Your instructions: Copy out each line in the listing below where the word "ends" appears.

Supplied records:
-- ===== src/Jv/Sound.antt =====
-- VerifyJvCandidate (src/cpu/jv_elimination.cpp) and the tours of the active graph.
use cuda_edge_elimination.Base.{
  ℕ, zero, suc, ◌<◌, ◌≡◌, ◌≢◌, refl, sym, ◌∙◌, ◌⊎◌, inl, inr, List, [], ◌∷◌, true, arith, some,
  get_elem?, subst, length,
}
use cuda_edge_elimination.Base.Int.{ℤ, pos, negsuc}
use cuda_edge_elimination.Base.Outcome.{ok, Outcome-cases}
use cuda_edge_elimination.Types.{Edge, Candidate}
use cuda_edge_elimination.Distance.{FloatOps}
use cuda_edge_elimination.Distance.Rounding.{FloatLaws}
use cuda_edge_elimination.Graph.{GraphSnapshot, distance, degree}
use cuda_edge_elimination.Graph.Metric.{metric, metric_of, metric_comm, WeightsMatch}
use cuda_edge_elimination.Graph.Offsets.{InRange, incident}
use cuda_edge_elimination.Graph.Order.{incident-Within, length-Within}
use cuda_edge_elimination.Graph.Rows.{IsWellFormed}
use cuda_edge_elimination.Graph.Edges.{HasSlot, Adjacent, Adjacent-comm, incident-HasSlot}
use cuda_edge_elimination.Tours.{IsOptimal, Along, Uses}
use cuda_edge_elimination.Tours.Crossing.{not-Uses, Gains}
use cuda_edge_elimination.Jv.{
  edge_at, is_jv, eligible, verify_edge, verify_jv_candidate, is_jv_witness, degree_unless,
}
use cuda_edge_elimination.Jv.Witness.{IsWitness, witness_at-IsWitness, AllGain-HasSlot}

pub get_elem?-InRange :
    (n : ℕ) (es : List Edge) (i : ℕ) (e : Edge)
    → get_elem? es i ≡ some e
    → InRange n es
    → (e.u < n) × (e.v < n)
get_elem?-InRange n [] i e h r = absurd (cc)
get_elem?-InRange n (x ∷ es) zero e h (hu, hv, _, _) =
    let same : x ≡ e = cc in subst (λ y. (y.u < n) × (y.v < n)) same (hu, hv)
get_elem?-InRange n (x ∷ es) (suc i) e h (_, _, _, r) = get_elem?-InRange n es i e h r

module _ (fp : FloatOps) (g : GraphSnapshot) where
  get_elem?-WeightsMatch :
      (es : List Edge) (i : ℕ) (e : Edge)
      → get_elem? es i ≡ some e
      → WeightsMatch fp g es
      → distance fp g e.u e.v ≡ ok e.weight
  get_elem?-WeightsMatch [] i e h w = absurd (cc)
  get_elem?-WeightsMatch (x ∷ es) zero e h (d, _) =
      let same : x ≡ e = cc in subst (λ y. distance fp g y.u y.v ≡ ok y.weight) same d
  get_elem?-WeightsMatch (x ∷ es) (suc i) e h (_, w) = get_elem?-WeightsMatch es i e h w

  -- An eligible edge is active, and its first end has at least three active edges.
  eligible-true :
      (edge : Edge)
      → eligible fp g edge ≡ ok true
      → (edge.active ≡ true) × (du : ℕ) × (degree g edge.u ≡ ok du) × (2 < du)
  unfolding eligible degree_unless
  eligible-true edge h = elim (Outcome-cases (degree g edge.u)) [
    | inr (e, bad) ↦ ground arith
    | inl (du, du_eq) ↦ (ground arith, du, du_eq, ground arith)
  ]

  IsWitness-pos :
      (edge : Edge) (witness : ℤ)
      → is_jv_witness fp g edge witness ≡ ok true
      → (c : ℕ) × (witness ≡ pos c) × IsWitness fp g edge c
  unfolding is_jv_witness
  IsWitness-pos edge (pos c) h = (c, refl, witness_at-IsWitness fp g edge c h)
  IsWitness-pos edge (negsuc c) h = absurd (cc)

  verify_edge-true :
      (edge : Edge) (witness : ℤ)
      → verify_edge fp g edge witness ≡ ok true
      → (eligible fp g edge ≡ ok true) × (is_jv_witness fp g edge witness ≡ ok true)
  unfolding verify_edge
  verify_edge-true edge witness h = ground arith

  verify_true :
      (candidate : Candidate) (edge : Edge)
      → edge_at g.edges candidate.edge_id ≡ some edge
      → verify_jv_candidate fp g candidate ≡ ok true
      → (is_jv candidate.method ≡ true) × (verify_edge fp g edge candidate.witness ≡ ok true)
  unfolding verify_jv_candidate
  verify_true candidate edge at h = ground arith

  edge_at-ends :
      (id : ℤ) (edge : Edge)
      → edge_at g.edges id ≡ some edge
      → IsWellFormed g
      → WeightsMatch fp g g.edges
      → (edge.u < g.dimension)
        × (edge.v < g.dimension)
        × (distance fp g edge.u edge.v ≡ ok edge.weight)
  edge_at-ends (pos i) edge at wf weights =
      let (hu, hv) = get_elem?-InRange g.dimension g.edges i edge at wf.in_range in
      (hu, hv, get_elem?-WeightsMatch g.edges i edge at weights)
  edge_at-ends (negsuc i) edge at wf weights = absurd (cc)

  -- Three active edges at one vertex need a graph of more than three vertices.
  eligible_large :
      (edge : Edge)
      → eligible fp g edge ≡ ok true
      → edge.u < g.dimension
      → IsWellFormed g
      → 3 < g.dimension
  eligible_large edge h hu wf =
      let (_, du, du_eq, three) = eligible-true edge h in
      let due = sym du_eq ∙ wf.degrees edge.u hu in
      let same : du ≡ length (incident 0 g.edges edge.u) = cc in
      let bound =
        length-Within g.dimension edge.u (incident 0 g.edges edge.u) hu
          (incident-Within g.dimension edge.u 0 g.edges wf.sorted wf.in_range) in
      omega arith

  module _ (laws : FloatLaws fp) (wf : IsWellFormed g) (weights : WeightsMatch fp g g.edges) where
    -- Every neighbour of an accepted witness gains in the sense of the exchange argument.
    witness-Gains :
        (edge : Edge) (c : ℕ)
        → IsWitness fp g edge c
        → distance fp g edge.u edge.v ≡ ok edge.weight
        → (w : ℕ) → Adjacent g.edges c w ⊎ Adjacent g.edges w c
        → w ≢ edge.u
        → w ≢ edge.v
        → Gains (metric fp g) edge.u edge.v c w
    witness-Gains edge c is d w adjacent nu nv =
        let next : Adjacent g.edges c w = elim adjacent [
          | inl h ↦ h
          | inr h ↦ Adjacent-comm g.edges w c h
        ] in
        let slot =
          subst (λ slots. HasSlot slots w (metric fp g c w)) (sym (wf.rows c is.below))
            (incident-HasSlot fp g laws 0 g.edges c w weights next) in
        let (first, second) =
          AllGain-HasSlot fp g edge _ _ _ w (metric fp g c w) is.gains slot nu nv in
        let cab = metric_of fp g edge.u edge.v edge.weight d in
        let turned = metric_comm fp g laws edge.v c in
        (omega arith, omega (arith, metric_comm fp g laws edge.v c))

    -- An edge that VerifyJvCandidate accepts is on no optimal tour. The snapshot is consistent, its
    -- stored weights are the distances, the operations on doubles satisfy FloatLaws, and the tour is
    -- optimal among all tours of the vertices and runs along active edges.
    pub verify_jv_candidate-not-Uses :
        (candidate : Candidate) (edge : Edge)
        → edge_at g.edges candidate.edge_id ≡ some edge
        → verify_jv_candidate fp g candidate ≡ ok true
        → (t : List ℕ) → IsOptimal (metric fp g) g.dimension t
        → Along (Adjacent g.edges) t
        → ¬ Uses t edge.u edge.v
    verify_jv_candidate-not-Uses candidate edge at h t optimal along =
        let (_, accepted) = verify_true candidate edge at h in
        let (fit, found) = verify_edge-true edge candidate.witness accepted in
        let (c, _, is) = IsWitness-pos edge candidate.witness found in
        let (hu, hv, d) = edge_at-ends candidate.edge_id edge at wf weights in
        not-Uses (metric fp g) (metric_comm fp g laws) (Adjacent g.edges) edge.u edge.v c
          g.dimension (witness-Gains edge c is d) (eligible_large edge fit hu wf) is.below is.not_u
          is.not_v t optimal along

Task result:
  edge_at-ends :
  edge_at-ends (pos i) edge at wf weights =
  edge_at-ends (negsuc i) edge at wf weights = absurd (cc)
        let (hu, hv, d) = edge_at-ends candidate.edge_id edge at wf weights in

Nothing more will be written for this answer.